Pathos is an overused and exhausted descriptor. It is neither pity nor sadness that Muir’s photographs evoke, but neither are they consoling. Caught between austerity and sentiment, I think that Muir’s images ask us to suspend judgement – a lesson I’m learning – and allow ourselves to see without adopting an inherited cultural lens. If her photographs are naked rather than nude – or that they aspire to be so – has everything to do with a distrust of aesthetics – despite the fact that it is inescapable – and a desire to produce a raw-yet-immersive experience in the moment of looking. The question remains: are we ready for the naked, or do we prefer to hold onto the deceitful pleasures of the nude, a world prettified into oblivion?
It is true that Muir is interested in lives deemed superfluous and supplementary, which, for her, are anything but. True that her photographic eye is integrative, that she seeks to bring to our attention worlds which are not deemed essential to life – this according to the dictates of a culture and society which is systemically cruel, a culture and society which Sontag justly sees as cynically pragmatic, exclusive and exclusionary, which depreciates everything and everyone into ‘an article for consumption … an item for aesthetic appreciation’. Muir’s strategy – if she can be said to possess one – is to undo this absorptive and corrosive force and make us see the world in its most raw forms – undoctored by any cynical aesthetic. Is this possible? Is this truly what she has achieved – the impossible?

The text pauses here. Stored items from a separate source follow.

-- ===== src/Pipeline/Encrypt/Opening.antt =====
-- What `Decrypt` of encrypt.go makes of a wire stream, and `Stream` followed by `Decrypt`.
use backupy_agent.Prelude.{
  ℕ, zero, suc, ◌+◌, ◌<◌, ◌≡◌, refl, sym, ◌∙◌, Option, none, some, List, [], ◌∷◌, ◌++◌, length, ap,
  Result, ok, arith, append_assoc, append-nil, All, take-append, drop-append, length-append,
}
use backupy_agent.Prelude.Bytes.{Bytes}
use backupy_agent.Prelude.Words.{put_uint32, length-put_uint32, uint32-put_uint32}
use backupy_agent.Io.{Fault, read_full-append, write}
use backupy_agent.Cipher.{Aead, IsGcm, Random, IsRandom}
use backupy_agent.Wire.{Frame, IsFrame, ciphertext, frame_bytes, wire, plaintext, length-wire}
use backupy_agent.Pipeline.Encrypt.{
  DecryptState, DecryptError, next, clean_eof, read_frame, open_frame, decrypt_round, decrypt_loop,
  decrypt, stream,
}
use backupy_agent.Pipeline.Encrypt.Sealing.{stream-wire}

module _ (aead : Aead) (gcm : IsGcm aead) where
  abbrev after : Frame → Bytes → DecryptState → DecryptState
  after f rest s = record {
    source = record s.source { bytes = rest };
    out = record { written = s.out.written ++ f.plain; room = none };
    total = s.total + length f.plain;
  }

  open_frame-ok :
      (f : Frame) (s : DecryptState)
      → IsFrame f
      → s.out.room ≡ none
      → open_frame aead (f.nonce ++ ciphertext aead f) s ≡ next (after f s.source.bytes s)
  unfolding open_frame write
  open_frame-ok f s h room = ground (
    arith,
    take-append f.nonce (ciphertext aead f) 12 (omega (arith, h.nonce_full)),
    drop-append f.nonce (ciphertext aead f) 12 (omega (arith, h.nonce_full)),
    gcm.opens f.nonce f.plain h.nonce_full,
  )

  read_frame-ok :
      (f : Frame) (rest : Bytes) (s : DecryptState)
      → IsFrame f
      → s.out.room ≡ none
      → s.source.bytes ≡ (f.nonce ++ ciphertext aead f) ++ rest
      → read_frame aead (12 + length (ciphertext aead f)) s ≡ next (after f rest s)
  unfolding read_frame
  read_frame-ok f rest s h room e = ground (
    arith,
    read_full-append (12 + length (ciphertext aead f)) (f.nonce ++ ciphertext aead f) rest
        s.source.ends (omega (arith, length-append f.nonce (ciphertext aead f), h.nonce_full)),
    open_frame-ok f (record s { source = record s.source { bytes = rest } }) h room,
  )

  decrypt_round-frame :
      (f : Frame) (rest : Bytes) (s : DecryptState)
      → IsFrame f
      → s.out.room ≡ none
      → s.source.bytes ≡ frame_bytes aead f ++ rest
      → decrypt_round aead s ≡ next (after f rest s)
  unfolding decrypt_round frame_bytes
  decrypt_round-frame f rest s h room e =
      let n = 12 + length (ciphertext aead f) in
      let body = f.nonce ++ ciphertext aead f in
      ground (
        arith,
        append_assoc (put_uint32 n) body rest,
        read_full-append 4 (put_uint32 n) (body ++ rest) s.source.ends (sym (length-put_uint32 n)),
        uint32-put_uint32 n (omega (arith, gcm.sealed_length f.nonce f.plain, h.plain_fits)),
        gcm.sealed_length f.nonce f.plain,
        read_frame-ok f rest (record s { source = record s.source { bytes = body ++ rest } }) h room
            refl,
      )

  decrypt_round-eof :
      (junk : Bytes) (s : DecryptState)
      → s.source.bytes ≡ put_uint32 0 ++ junk
      → decrypt_round aead s ≡ clean_eof (record s { source = record s.source { bytes = junk } })
  unfolding decrypt_round
  decrypt_round-eof junk s e = ground (
    arith,
    read_full-append 4 (put_uint32 0) junk s.source.ends (sym (length-put_uint32 0)),
    uint32-put_uint32 0 (omega arith),
  )

  record Opened (fs : List Frame) (junk : Bytes) (s : DecryptState)
      (out : Result DecryptError ℕ × DecryptState) : Type 0 where
    success : out.0 ≡ ok (s.total + length (plaintext fs))
    plain : out.1.out.written ≡ s.out.written ++ plaintext fs
    left : out.1.source.bytes ≡ junk

  decrypt_loop-Opened :
      (fs : List Frame) (junk : Bytes) (s : DecryptState) (fuel : ℕ)
      → All IsFrame fs
      → s.out.room ≡ none
      → s.source.bytes ≡ wire aead fs ++ junk
      → length fs < fuel
      → Opened fs junk s (decrypt_loop aead fuel s)
  unfolding decrypt_loop wire plaintext
  decrypt_loop-Opened fs junk s zero h room e lt = absurd (omega arith)
  decrypt_loop-Opened [] junk s (suc fuel) h room e lt =
      ground (arith, decrypt_round-eof junk s e, append-nil s.out.written)
  decrypt_loop-Opened (f ∷ fs) junk s (suc fuel) h room e lt =
      let rest = wire aead fs ++ junk in
      ground (
        arith,
        decrypt_round-frame f rest s h.0 room
            (e ∙ append_assoc (frame_bytes aead f) (wire aead fs) junk),
        decrypt_loop-Opened fs junk (after f rest s) fuel h.1 refl refl (omega arith),
        append_assoc s.out.written f.plain (plaintext fs),
        length-append f.plain (plaintext fs),
      )

  decrypt-wire :
      (fs : List Frame) (junk : Bytes) (ends : Option Fault)
      → All IsFrame fs
      → Opened fs junk
          (record {
            source = record { bytes = wire aead fs ++ junk; ends = ends };
            out = record { written = []; room = none };
            total = 0;
          })
          (decrypt
            (some aead)
            (record { bytes = wire aead fs ++ junk; ends = ends })
            (record { written = []; room = none }))
  unfolding decrypt
  decrypt-wire fs junk ends h =
      decrypt_loop-Opened fs junk _ (suc (length (wire aead fs ++ junk))) h refl refl
        (omega (arith, length-append (wire aead fs) junk, length-wire aead fs))

-- `Decrypt` inverts `Stream`: on any input that ends cleanly, with a source of randomness that
-- works and writers that take all, it returns the input's length and writes the input.
pub decrypt-stream :
    (aead : Aead) (gcm : IsGcm aead) (rand : Random) (fresh : IsRandom rand) (input : Bytes)
    → let (n, sealing) =
        stream
          (some aead)
          rand
          (record { bytes = input; ends = none })
          (record { written = []; room = none }) in
      let (m, opening) =
        decrypt
          (some aead)
          (record { bytes = sealing.out.written; ends = none })
          (record { written = []; room = none }) in
      (n ≡ ok (length input)) × (m ≡ ok (length input)) × (opening.out.written ≡ input)
decrypt-stream aead gcm rand fresh input =
    let (fs, frames, carried, success, written) = stream-wire aead gcm rand fresh input in
    let o = decrypt-wire aead gcm fs [] none frames in
    rw (written, ← append-nil (wire aead fs))
      (
        success,
        o.success ∙ ap ok (omega (arith, ap (λ (l : Bytes). length l) carried)),
        o.plain ∙ carried,
      )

It is curious that Muir should turn to Foucault, a penetrating analyst of power and its abuses, to preface her reflections on photography, what she understands it to be, how, as a medium and tool, it helps her to see the world. ‘It is necessary to strain one’s ears,’ Foucault writes, ‘bending down toward the muttering of the world, trying to perceive the many images that have never turned into poetry, so many phantasms that have never reached the colours of wakefulness’. Why have we failed to do so? Because we are somnambulists, tin-eared, tone deaf. Because, in ceding our lives to a preordained image repertoire, we stop seeing, feeling, intuiting, reaching, loving. This is why, for Foucault and Muir, we must pitch our ears to an otherwise inaudible frequency, peer more deeply, heel and yield to the world, because only then will we hear its inscrutable mutterings, only then embrace its phantasmal wonder.

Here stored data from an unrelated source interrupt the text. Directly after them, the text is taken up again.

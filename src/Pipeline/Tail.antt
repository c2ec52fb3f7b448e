-- ===== src/Pipeline/Tail.antt =====
-- `ringBuffer` of apps/agent/internal/pipeline/mongodump.go: the last bytes of a child's stderr.
use backupy_agent.Prelude.{
  ℕ, ◌-◌, ◌≤◌, ◌≡◌, sym, ◌∙◌, ap, List, [], ◌∷◌, ◌++◌, append_assoc, append-nil, length, drop, ltb,
  Bool-cases, inl, inr, if◌then◌else◌, arith, length-append, length-drop, drop-append_within,
  drop-drop,
}
use backupy_agent.Prelude.Bytes.{Bytes}

-- The last `n` bytes.
abbrev pub last_bytes : ℕ → Bytes → Bytes
last_bytes n b = drop (length b - n) b

pub record RingBuffer : Type 0 where
  pub buf : Bytes
  pub cap : ℕ

unfoldable pub new_ring_buffer : ℕ → RingBuffer
new_ring_buffer cap = record { buf = []; cap = cap }

-- `Write`, which always reports `len(p)`.
unfoldable pub write : Bytes → RingBuffer → RingBuffer
write p r =
    let b = r.buf ++ p in
    if ltb r.cap (length b)
    then record r { buf = drop (length b - r.cap) b }
    else record r { buf = b }

-- A child's writes, one after the other.
unfoldable pub write_all : List Bytes → RingBuffer → RingBuffer
write_all [] r = r
write_all (p ∷ ps) r = write_all ps (write p r)

unfoldable pub concat : List Bytes → Bytes
concat [] = []
concat (p ∷ ps) = p ++ concat ps

-- Keeping the last bytes twice, with more bytes in between, is keeping them once.
pub last_bytes-append :
    (n : ℕ) (a b : Bytes) → last_bytes n (last_bytes n a ++ b) ≡ last_bytes n (a ++ b)
last_bytes-append n a b =
    let k = length a - n in
    rw (← drop-append_within k a b (omega arith), drop-drop)
      (ap (λ m. drop m (a ++ b)) (omega (arith, length-drop k (a ++ b), length-append a b)))

write-eq-last_bytes : (p : Bytes) (r : RingBuffer) → (write p r).buf ≡ last_bytes r.cap (r.buf ++ p)
unfolding write
write-eq-last_bytes p r = elim (Bool-cases (ltb r.cap (length (r.buf ++ p)))) [
  | inl more ↦ ground arith
  | inr fits ↦ let e : length (r.buf ++ p) - r.cap ≡ 0 = ground arith in ground arith
]

write-fits : (p : Bytes) (r : RingBuffer) → length (write p r).buf ≤ (write p r).cap
unfolding write
write-fits p r = ground (arith, length-drop (length (r.buf ++ p) - r.cap) (r.buf ++ p))

cap-write : (p : Bytes) (r : RingBuffer) → (write p r).cap ≡ r.cap
unfolding write
cap-write p r = ground arith

-- After any writes the buffer holds the last `cap` bytes of what it held and of all that was
-- written, in order.
pub write_all-eq-last_bytes :
    (ps : List Bytes) (r : RingBuffer)
    → length r.buf ≤ r.cap
    → (write_all ps r).buf ≡ last_bytes r.cap (r.buf ++ concat ps)
unfolding write_all concat
write_all-eq-last_bytes [] r h =
    let e : length (r.buf ++ []) - r.cap ≡ 0 = omega (arith, length-append r.buf []) in
    rw e (sym (append-nil r.buf))
write_all-eq-last_bytes (p ∷ ps) r h =
    write_all-eq-last_bytes ps (write p r) (write-fits p r)
    ∙ rw (cap-write p r, write-eq-last_bytes p r)
        (last_bytes-append r.cap (r.buf ++ p) (concat ps)
          ∙ ap (last_bytes r.cap) (append_assoc r.buf p (concat ps)))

It is only when we accept the photograph as an estranging ghost, only once we see it as a muttering creature, not a mute, that we will begin to understand what it was meant to offer us. Neither document nor revelation, a photograph is a mystery that hides in plain sight. It is there in an aged face we refuse to, or cannot, see, in an embracing extended family tenuously and tenderly aligned. Foucault and Muir’s muttering world – more sonar and echolocation – requires that we become human, a difficult thing to achieve in this posthuman moment. But perhaps photographs, when they are finally understood differently, can help us to do so.